Published on November 6th, 2020 | by Zeeshan Hussain Bhatti
0What Metrics Do You Have To Analyze In Your Email Marketing Campaigns
Did you know that email is one of the channels with the highest conversion rate?
A well-optimized Email Marketing campaign can be the perfect strategy to achieve your online marketing goals.
Many times we meet clients who, despite having been working with Email Marketing for some time, do not measure the results of the newsletters sent.
Let this be clear to you: working without measuring does not make any sense.
If you don’t know how your emails work, you will never be able to optimize them.
Today we are going to explain to you which are the metrics that you have to analyze in your Email Marketing campaigns to achieve the proposed objectives. We also recommend that you create a spreadsheet with all the metrics so that you can keep track (daily, weekly and monthly) and draw your own conclusions.
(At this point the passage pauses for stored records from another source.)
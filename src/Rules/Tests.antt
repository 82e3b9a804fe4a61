-- ===== src/Rules/Tests.antt =====
-- The rewrite rules at concrete statements, with a walk that comes to a query, its unnamed
-- expressions and its WHERE clause.
use datafusion_postgres.Prelude.{
  String, Option, none, some, List, [], ◌∷◌, ◌≡◌, ◌⊎◌, refl, inl, inr,
}
use datafusion_postgres.Prelude.Lists.{All, retain}
use datafusion_postgres.Ast.{
  Ident, ident_new, ident, eq, single_quoted_string, table, TableWithJoins, Expr, OptExpr, no_expr,
  some_expr, OrderBy, no_order, order_expressions, no_order_exprs, order_exprs, no_limit,
  SelectItems, no_items, items, unnamed_expr, expr_with_alias, qualified_wildcard, wildcard,
  a_select, select, Query, a_query, Statement, query,
}
use datafusion_postgres.Ast.Expr.{identifier, compound_identifier, value, binary_op}
use datafusion_postgres.Prelude.Dict
use datafusion_postgres.Parser.{Token, word, whitespace, rewrite_abort_to_rollback, first_match}
use datafusion_postgres.Parser.Replacement.{Untouched}
use datafusion_postgres.Rules.Pipeline.{parse}
use datafusion_postgres.Rules.Pipeline.Plain.{IsPlain}
use datafusion_postgres.Rules.Pipeline.Untouched.{IsPlainStatement, IsNative, prepared, parse_plain}
use datafusion_postgres.Rules.Names.{object_name_text}
use datafusion_postgres.Rules.Samples.{sqlparser, lower_case}
use datafusion_postgres.Rules.Aliases.{
  has_simple_wildcard, rewrite_select_with_alias, alias_duplicated_projection,
}

abbrev name : String → Expr Unit
name text = identifier (ident_new text)

abbrev column : String → String → Expr Unit
column qualifier text = compound_identifier (ident_new qualifier ∷ ident_new text ∷ [])

abbrev one_table : Option Ident → List (TableWithJoins Unit)
one_table alias =
    record { relation = table (ident (ident_new "pg_namespace") ∷ []) alias none tt; joins = [] }
    ∷ []

abbrev selected : SelectItems Unit → Option Ident → OptExpr Unit → OrderBy Unit → Query Unit
selected projection alias filter order =
    a_query (select (a_select projection (one_table alias) filter tt)) order no_limit none tt

-- `SELECT n.oid, oid AS o, n.* FROM pg_namespace n`
abbrev named_twice : Statement Unit
named_twice = query (
    selected
      (items (unnamed_expr (column "n" "oid")) (
        items (expr_with_alias (name "oid") (ident_new "o"))
          (items (qualified_wildcard (ident (ident_new "n") ∷ []) tt) no_items)))
      (some (ident_new "n")) no_expr no_order)

abbrev named_once : Statement Unit
named_once = query (
    selected
      (items (expr_with_alias (column "n" "oid") (ident_new "__alias_oid")) (
        items (expr_with_alias (name "oid") (ident_new "o"))
          (items (qualified_wildcard (ident (ident_new "n") ∷ []) tt) no_items)))
      (some (ident_new "n")) no_expr no_order)

-- `SELECT n.*, 'x' AS kind FROM pg_namespace n WHERE n = kind ORDER BY oid`
abbrev kinds : SelectItems Unit
kinds =
    items (qualified_wildcard (ident (ident_new "n") ∷ []) tt)
      (items (expr_with_alias (value (single_quoted_string "x")) (ident_new "kind")) no_items)

abbrev bare_order : Query Unit
bare_order =
    selected kinds (some (ident_new "n")) (some_expr (binary_op (name "owner") eq (name "kind")))
      (order_expressions (order_exprs (name "oid") tt no_order_exprs) tt)

abbrev qualified_order : Query Unit
qualified_order =
    selected kinds (some (ident_new "n"))
      (some_expr (binary_op (column "n" "owner") eq (name "kind")))
      (order_expressions (order_exprs (column "n" "oid") tt no_order_exprs) tt)

-- `SELECT relname FROM pg_namespace n WHERE id = kind`, but for the table a statement of DataFusion
abbrev own_terms : Statement Unit
own_terms = query (
    selected (items (unnamed_expr (name "relname")) no_items) (some (ident_new "n"))
      (some_expr (binary_op (name "id") eq (name "kind"))) no_order)

abbrev own_tokens : List Token
own_tokens =
    word "SELECT" "" "SELECT" ∷ whitespace " " ∷ word "relname" "" "" ∷ word "ABORT" "" "ABORT" ∷ []

abbrev tokenize : String → String ⊎ List Token
tokenize _ = inr own_tokens

abbrev parse_tokens : List Token → String ⊎ List (Statement Unit)
parse_tokens _ = inr (own_terms ∷ [])

own_tokens-Untouched :
    Untouched [] (prepared sqlparser lower_case [] tokenize parse_tokens own_tokens)
unfolding first_match rewrite_abort_to_rollback retain
own_tokens-Untouched = (inr refl, (inr refl, (inr refl, tt)))

own_terms-IsNative : All (IsNative sqlparser lower_case []) (own_terms ∷ [])
unfolding IsPlainStatement IsPlain has_simple_wildcard Dict.get
own_terms-IsNative = ((((tt, tt), inl refl), (((tt, tt), tt), tt, (refl, (tt, tt)))), tt)

parse_plain_example :
    parse sqlparser lower_case [] tokenize parse_tokens [] "SELECT relname"
    ≡ some (inr (own_terms ∷ []))
parse_plain_example =
    parse_plain sqlparser lower_case [] tokenize parse_tokens [] "SELECT relname" own_tokens refl
      own_tokens-Untouched (own_terms ∷ []) refl own_terms-IsNative

-- `SELECT a.oid, b.oid, a.*, b.* FROM ...`
abbrev wildcards : SelectItems Unit
wildcards =
    items (qualified_wildcard (ident (ident_new "a") ∷ []) tt)
      (items (qualified_wildcard (ident (ident_new "b") ∷ []) tt) no_items)

same_alias :
    alias_duplicated_projection sqlparser (
      query (
        selected
          (items
            (unnamed_expr (column "a" "oid"))
            (items (unnamed_expr (column "b" "oid")) wildcards))
          none
          no_expr
          no_order))
    ≡ some (
        query (
          selected
            (items
              (expr_with_alias (column "a" "oid") (ident_new "__alias_oid"))
              (items (expr_with_alias (column "b" "oid") (ident_new "__alias_oid")) wildcards))
            none
            no_expr
            no_order))
unfolding alias_duplicated_projection rewrite_select_with_alias object_name_text
same_alias = refl

-- `SELECT n.oid, * FROM pg_namespace n`
abbrev with_star : Statement Unit
with_star = query (
    selected (items (unnamed_expr (column "n" "oid")) (items (wildcard tt) no_items))
      (some (ident_new "n")) no_expr no_order)

star_only : alias_duplicated_projection sqlparser with_star ≡ some with_star
unfolding alias_duplicated_projection
star_only = refl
22 Email Marketing Metrics that you have to analyze in your shipments
General metrics
We start with the general metrics that you have to analyze month by month, those that will help you discover more about the status of your subscriber list.
1. Number Of Subscribers
How many total subscribers there are in your Email Marketing lists? Remember, the lists have to be segmented to the maximum, but here we will look at the total number of subscribers (we all like to have thousands and thousands of leads, right?).
2. Percentage Of Increase In Subscribers
In addition to knowing how many subscribers you have on your lists, it is also essential to know the percentage of new leads. Do you get new subscribers every month? Do you have more or less than the previous month?
We are sure that you want the percentage of new leads to be higher with each passing month (the more leads, the more chances that your list will grow).
3. Percentage Of Subscriptions (Daily, Weekly, Monthly)
No matter how much it weighs us, there will be people who unsubscribe from your subscription list . You can’t like everyone.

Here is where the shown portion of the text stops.